The Consumer Financial Protection Bureau in recent actions against entities it calls “repeat offenders” has zeroed in on flagrant violations of the Military Lending Act (MLA), which is meant to safeguard active-duty military members and their families from financial abuses.
The MLA has features perfect for military families in search of a loan: it caps interest rates for certain financial products at 36%, requires loan disclosures, prohibits unreasonable notice provisions, and ensures that lender terms and conditions do not prevent the borrower from being able to sue the lender in court, i.e. bans forced arbitration clauses.

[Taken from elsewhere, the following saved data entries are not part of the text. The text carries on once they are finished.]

-- ===== src/Seed/Returns.antt =====
-- seed_demo.py raises nothing where the roles exist: steps that return.
use mathlib.Core.Path.{subst}
use sirius_vkr.Prelude.{
  ℕ, zero, suc, ◌≤◌, ◌<◌, ◌≡◌, refl, sym, ap, ◌∙◌, Bool, true, false, Option, none, some, List, [],
  ◌∷◌, length, ltb, arith, All, inl, inr,
}
use sirius_vkr.Models.Access.{child, parent, teacher}
use sirius_vkr.Database.{Db}
use sirius_vkr.Exec.{
  Exec, Error, Result, ok, pure, or_raise, raise_if, index_error, value_error, ◌>>=◌,
}
use sirius_vkr.Exec.Laws.{bind_cases}
use sirius_vkr.Auth.Service.{unknown_role}
use sirius_vkr.Seed.State.{
  Random, Seeder, uuid4, now, query, execute, commit, draw, for_each, for_collect, repeat_collect,
  get_elem?, get_all, randint, choice, sample,
}

-- Every role of core.roles that the seed asks for is there, once.
pub record HasRoles (db : Db) : Type 0 where
  pub has_teacher : unknown_role (teacher ∷ []) db ≡ false
  pub has_child : unknown_role (child ∷ []) db ≡ false
  pub has_parent : unknown_role (parent ∷ []) db ≡ false

-- The outcome is a result with a property, and the roles are still there.
pub record Outcome {A : Type 0} (Q : A → Type 0) (t : Result A × Seeder) : Type 0 where
  pub value : A
  pub returned : t.0 ≡ ok value
  pub property : Q value
  pub roles_left : HasRoles t.1.session.pending

-- Where the roles exist the step returns, a result with the property.
pub record ReturnsWith {A : Type 0} (Q : A → Type 0) (m : Exec Seeder A) : Type 0 where
  pub outcome : (w : Seeder) → HasRoles w.session.pending → Outcome Q (m w)

-- The same of any result.
abbrev pub Returns : {A : Type 0} → Exec Seeder A → Type 0
Returns m = ReturnsWith (λ _. Unit {0}) m

module _ {A B : Type 0} where
  pub bind-ReturnsWith :
      (P : A → Type 0) (Q : B → Type 0) (m : Exec Seeder A) (f : A → Exec Seeder B)
      → ReturnsWith P m
      → ((a : A) → P a → ReturnsWith Q (f a))
      → ReturnsWith Q (m >>= f)
  bind-ReturnsWith P Q m f g h = record {
    outcome = λ w roles.
        let o = g.outcome w roles in
        elim (bind_cases m f w) [
          | inl (e, raised, whole) ↦ let r = o.returned in absurd (cc)
          | inr (a, returned, whole) ↦
              let r = o.returned in
              let same : o.value ≡ a = cc in
              subst (Outcome Q) (sym whole)
                ((h a (subst P same o.property)).outcome (m w).1 o.roles_left)
        ];
  }

  pub bind-Returns :
      (m : Exec Seeder A) (f : A → Exec Seeder B)
      → Returns m
      → ((a : A) → Returns (f a))
      → Returns (m >>= f)
  bind-Returns m f g h = bind-ReturnsWith (λ _. Unit {0}) (λ _. Unit {0}) m f g (λ a _. h a)

pub HasRoles-same : (db db' : Db) → db'.roles ≡ db.roles → HasRoles db → HasRoles db'
unfolding unknown_role
HasRoles-same db db' e h = record {
  has_teacher = rw e h.has_teacher;
  has_child = rw e h.has_child;
  has_parent = rw e h.has_parent;
}

module _ {A : Type 0} where
  pub forget-Returns : (Q : A → Type 0) (m : Exec Seeder A) → ReturnsWith Q m → Returns m
  forget-Returns Q m h = record {
    outcome = λ w roles.
        let o = h.outcome w roles in
        record { value = o.value; returned = o.returned; property = tt; roles_left = o.roles_left };
  }

  pub pure-ReturnsWith : (Q : A → Type 0) (a : A) → Q a → ReturnsWith Q (pure a)
  pure-ReturnsWith Q a q = record {
    outcome = λ w roles. record { value = a; returned = refl; property = q; roles_left = roles };
  }

  pub pure-Returns : (a : A) → Returns (pure a)
  pure-Returns a = pure-ReturnsWith (λ _. Unit {0}) a tt

  pub draw-ReturnsWith : (Q : A → Type 0) (f : ℕ → A) → ((k : ℕ) → Q (f k)) → ReturnsWith Q (draw f)
  draw-ReturnsWith Q f h = record {
    outcome = λ w roles. record {
      value = f w.draws;
      returned = refl;
      property = h w.draws;
      roles_left = roles;
    };
  }

  pub draw-Returns : (f : ℕ → A) → Returns (draw f)
  draw-Returns f = record {
    outcome =
        λ w roles. record { value = f w.draws; returned = refl; property = tt; roles_left = roles };
  }

  pub query-Returns : (f : Db → A) → Returns (query f)
  query-Returns f = record {
    outcome = λ w roles. record {
      value = f w.session.pending;
      returned = refl;
      property = tt;
      roles_left = roles;
    };
  }

  -- A lookup that finds something.
  found-ReturnsWith :
      (Q : A → Type 0) (o : Option A) (e : Error) (a : A)
      → o ≡ some a
      → Q a
      → ReturnsWith Q (or_raise o e)
  found-ReturnsWith Q o e a h q =
      subst (λ (o : Option A). ReturnsWith Q (or_raise o e)) (sym h) (pure-ReturnsWith Q a q)

  get_elem?_lt : (xs : List A) (i : ℕ) → i < length xs → (a : A) × (get_elem? xs i ≡ some a)
  get_elem?_lt [] i h = absurd (omega arith)
  get_elem?_lt (x ∷ xs) zero h = (x, refl)
  get_elem?_lt (x ∷ xs) (suc i) h = get_elem?_lt xs i (omega arith)

  pub elem-Returns :
      (xs : List A) (i : ℕ) → i < length xs → Returns (or_raise (get_elem? xs i) index_error)
  elem-Returns xs i h =
      let (a, found) = get_elem?_lt xs i h in
      found-ReturnsWith (λ _. Unit {0}) (get_elem? xs i) index_error a found tt

  get_all_lt :
      (xs : List A) (is : List ℕ)
      → All (λ (i : ℕ). i < length xs) is
      → (ys : List A) × (get_all xs is ≡ some ys) × (length ys ≡ length is)
  get_all_lt xs [] h = ([], refl, refl)
  get_all_lt xs (i ∷ is) (h, hs) =
      let (x, one) = get_elem?_lt xs i h in
      let (ys, all, same) = get_all_lt xs is hs in
      (x ∷ ys, rw (get_all, one, all) refl, ap suc same)

pub uuid4-Returns : Returns uuid4
uuid4-Returns = record {
  outcome = λ w roles. record {
    value = w.session.fresh w.session.drawn;
    returned = refl;
    property = tt;
    roles_left = roles;
  };
}

pub now-Returns : Returns now
now-Returns = record {
  outcome = λ w roles. record {
    value = w.session.clock;
    returned = refl;
    property = tt;
    roles_left = roles;
  };
}

pub commit-Returns : Returns commit
commit-Returns = record {
  outcome = λ w roles. record { value = tt; returned = refl; property = tt; roles_left = roles };
}

pub execute-Returns : (f : Db → Db) → ((db : Db) → (f db).roles ≡ db.roles) → Returns (execute f)
execute-Returns f h = record {
  outcome = λ w roles. record {
    value = tt;
    returned = refl;
    property = tt;
    roles_left = HasRoles-same w.session.pending (f w.session.pending) (h w.session.pending) roles;
  };
}

pub enough-Returns : (c : Bool) (e : Error) → c ≡ false → Returns (raise_if {S = Seeder} c e)
enough-Returns c e h =
    subst (λ (c : Bool). Returns (raise_if {S = Seeder} c e)) (sym h) (pure-Returns tt)

module _ (random : Random) where
  pub randint-ReturnsWith :
      (lo hi : ℕ) → lo ≤ hi → ReturnsWith (λ n. (lo ≤ n) × (n ≤ hi)) (randint random lo hi)
  randint-ReturnsWith lo hi h = record {
    outcome = λ w roles. record {
      value = random.randint w.draws lo hi;
      returned = refl;
      property = random.randint_bounds w.draws lo hi h;
      roles_left = roles;
    };
  }

  pub choice-Returns : {A : Type 0} (xs : List A) → 0 < length xs → Returns (choice random xs)
  choice-Returns xs h =
      bind-ReturnsWith (λ i. i < length xs) _ (draw (λ k. random.choice k (length xs))) _
        (draw-ReturnsWith (λ i. i < length xs) (λ k. random.choice k (length xs))
          (λ k. random.choice_lt k (length xs) h))
        (elem-Returns xs)

  pub sample-ReturnsWith :
      {A : Type 0} (xs : List A) (n : ℕ)
      → n ≤ length xs
      → ReturnsWith (λ ys. length ys ≡ n) (sample random xs n)
  sample-ReturnsWith xs n h =
      let Given = λ (is : List ℕ). All (λ (i : ℕ). i < length xs) is × (length is ≡ n) in
      bind-ReturnsWith (λ _. Unit {0}) _ (raise_if (ltb (length xs) n) value_error) _
        (enough-Returns (ltb (length xs) n) value_error (ground arith))
        (λ _ _.
          bind-ReturnsWith Given _ (draw (λ k. random.sample k (length xs) n)) _
            (draw-ReturnsWith Given (λ k. random.sample k (length xs) n)
              (λ k. (random.sample_lt k (length xs) n h, random.sample_length k (length xs) n h)))
            (λ is (all, same).
              let (ys, found, long) = get_all_lt xs is all in
              found-ReturnsWith (λ ys. length ys ≡ n) (get_all xs is) index_error ys found
                (long ∙ same)))

-- A loop whose rounds return.
pub for_each-Returns :
    {A : Type 0} (P : A → Type 0) (xs : List A) (f : A → Exec Seeder (Unit {0}))
    → All P xs
    → ((a : A) → P a → Returns (f a))
    → Returns (for_each xs f)
for_each-Returns P [] f hs h = pure-Returns tt
for_each-Returns P (x ∷ xs) f (p, hs) h =
    bind-Returns (f x) (λ _. for_each xs f) (h x p) (λ _. for_each-Returns P xs f hs h)

pub for_all-Returns :
    {A : Type 0} (xs : List A) (f : A → Exec Seeder (Unit {0}))
    → ((a : A) → Returns (f a))
    → Returns (for_each xs f)
for_all-Returns [] f h = pure-Returns tt
for_all-Returns (x ∷ xs) f h =
    bind-Returns (f x) (λ _. for_each xs f) (h x) (λ _. for_all-Returns xs f h)

pub for_collect-ReturnsWith :
    {A B : Type 0} (P : A → Type 0) (Q : B → Type 0) (xs : List A) (f : A → Exec Seeder B)
    → All P xs
    → ((a : A) → P a → ReturnsWith Q (f a))
    → ReturnsWith (λ ys. All Q ys × (length ys ≡ length xs)) (for_collect xs f)
for_collect-ReturnsWith P Q [] f hs h = pure-ReturnsWith _ [] (tt, refl)
for_collect-ReturnsWith P Q (x ∷ xs) f (p, hs) h = bind-ReturnsWith Q _ (f x) _ (h x p) (λ y q.
    bind-ReturnsWith _ _ (for_collect xs f) _ (for_collect-ReturnsWith P Q xs f hs h)
      (λ ys (all, same). pure-ReturnsWith _ (y ∷ ys) ((q, all), ap suc same)))

pub repeat_collect-ReturnsWith :
    {B : Type 0} (n : ℕ) (m : Exec Seeder B)
    → Returns m
    → ReturnsWith (λ ys. length ys ≡ n) (repeat_collect n m)
repeat_collect-ReturnsWith zero m h = pure-ReturnsWith _ [] refl
repeat_collect-ReturnsWith (suc n) m h =
    bind-ReturnsWith (λ _. Unit {0}) _ m _ h
      (λ y _.
        bind-ReturnsWith _ _ (repeat_collect n m) _ (repeat_collect-ReturnsWith n m h)
          (λ ys same. pure-ReturnsWith _ (y ∷ ys) (ap suc same)))

pub ruleset returns = (
  pure-Returns, draw-Returns, query-Returns, uuid4-Returns, now-Returns, commit-Returns,
  execute-Returns, bind-Returns, for_all-Returns, choice-Returns, refl, arith,
)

Last week, the CFPB announced a consent order against “repeat offender” TitleMax (formally TMX Finance). TitleMax was accused of offering loans to military families that exceeded the 36% interest rate cap, and using loan contracts that required their borrowers to go to private arbitration, instead of to court, to resolve claims against it.
The CFPB also said that TitleMax, the largest source of high-interest, short-term car title loans, offered loans secured by vehicle titles to military consumers, which is prohibited under the MLA. According to the consent order, TitleMax made 2,670 prohibited loans in a 5-year period (2016-2021) to military consumers. It also changed consumers’ personally identifiable information to cover up some consumers’ status as military borrowers. Based on these and other MLA violations, TitleMax must pay $15 million total, in civil penalties and for consumer relief.
In November 2021, CFPB also sued pawn store operator FirstCash Inc., another identified “repeat offender,” for MLA violations. The bureau alleged that FirstCash violated a 2013 CFPB order against its predecessor company, CashAmerica. According to the agency complaint, FirstCash made more than 3,600 loans over the MLA 36% cap to more than 1,000 military borrowers, and used loan contracts that would require them to get their claims heard in private arbitration.